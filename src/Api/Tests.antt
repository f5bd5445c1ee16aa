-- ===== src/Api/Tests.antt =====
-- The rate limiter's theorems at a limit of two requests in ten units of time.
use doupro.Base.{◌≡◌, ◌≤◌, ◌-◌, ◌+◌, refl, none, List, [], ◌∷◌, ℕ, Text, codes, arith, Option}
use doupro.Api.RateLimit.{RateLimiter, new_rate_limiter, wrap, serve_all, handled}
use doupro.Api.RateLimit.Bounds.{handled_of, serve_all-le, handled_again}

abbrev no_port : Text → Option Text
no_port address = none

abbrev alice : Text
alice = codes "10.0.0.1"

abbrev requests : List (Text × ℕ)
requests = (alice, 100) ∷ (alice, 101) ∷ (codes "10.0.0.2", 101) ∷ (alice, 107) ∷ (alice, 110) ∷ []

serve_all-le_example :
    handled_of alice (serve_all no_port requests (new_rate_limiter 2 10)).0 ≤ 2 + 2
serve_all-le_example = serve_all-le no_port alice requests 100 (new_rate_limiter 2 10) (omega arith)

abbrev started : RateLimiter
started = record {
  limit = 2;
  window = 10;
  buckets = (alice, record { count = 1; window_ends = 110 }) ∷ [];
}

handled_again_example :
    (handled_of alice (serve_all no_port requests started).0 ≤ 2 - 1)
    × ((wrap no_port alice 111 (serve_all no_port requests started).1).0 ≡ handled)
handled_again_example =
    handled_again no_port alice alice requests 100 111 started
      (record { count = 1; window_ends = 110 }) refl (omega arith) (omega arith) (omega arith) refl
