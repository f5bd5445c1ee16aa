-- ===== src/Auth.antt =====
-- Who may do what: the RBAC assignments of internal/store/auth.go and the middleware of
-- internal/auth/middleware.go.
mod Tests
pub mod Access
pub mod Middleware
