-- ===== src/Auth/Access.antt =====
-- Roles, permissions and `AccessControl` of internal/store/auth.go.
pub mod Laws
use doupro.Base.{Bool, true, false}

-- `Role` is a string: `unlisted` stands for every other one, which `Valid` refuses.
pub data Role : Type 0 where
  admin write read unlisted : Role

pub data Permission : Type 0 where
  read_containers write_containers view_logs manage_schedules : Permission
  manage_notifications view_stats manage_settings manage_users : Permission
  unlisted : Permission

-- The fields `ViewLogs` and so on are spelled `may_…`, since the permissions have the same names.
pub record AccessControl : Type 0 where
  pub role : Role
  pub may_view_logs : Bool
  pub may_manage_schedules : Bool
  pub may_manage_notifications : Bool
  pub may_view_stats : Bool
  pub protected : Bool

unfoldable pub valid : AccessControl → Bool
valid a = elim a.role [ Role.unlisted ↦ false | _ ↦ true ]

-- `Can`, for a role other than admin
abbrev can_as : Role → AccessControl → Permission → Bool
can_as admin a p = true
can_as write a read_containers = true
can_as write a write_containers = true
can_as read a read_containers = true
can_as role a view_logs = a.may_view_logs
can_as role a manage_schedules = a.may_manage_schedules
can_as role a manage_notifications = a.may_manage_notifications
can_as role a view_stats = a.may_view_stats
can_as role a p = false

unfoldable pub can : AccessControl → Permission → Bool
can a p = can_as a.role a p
####################
Which lines of the data above contain the string "Bool"? Copy each of them.

OUTPUT FOR THIS TASK:
use doupro.Base.{Bool, true, false}
  pub may_view_logs : Bool
  pub may_manage_schedules : Bool
  pub may_manage_notifications : Bool
  pub may_view_stats : Bool
  pub protected : Bool
unfoldable pub valid : AccessControl → Bool
abbrev can_as : Role → AccessControl → Permission → Bool
unfoldable pub can : AccessControl → Permission → Bool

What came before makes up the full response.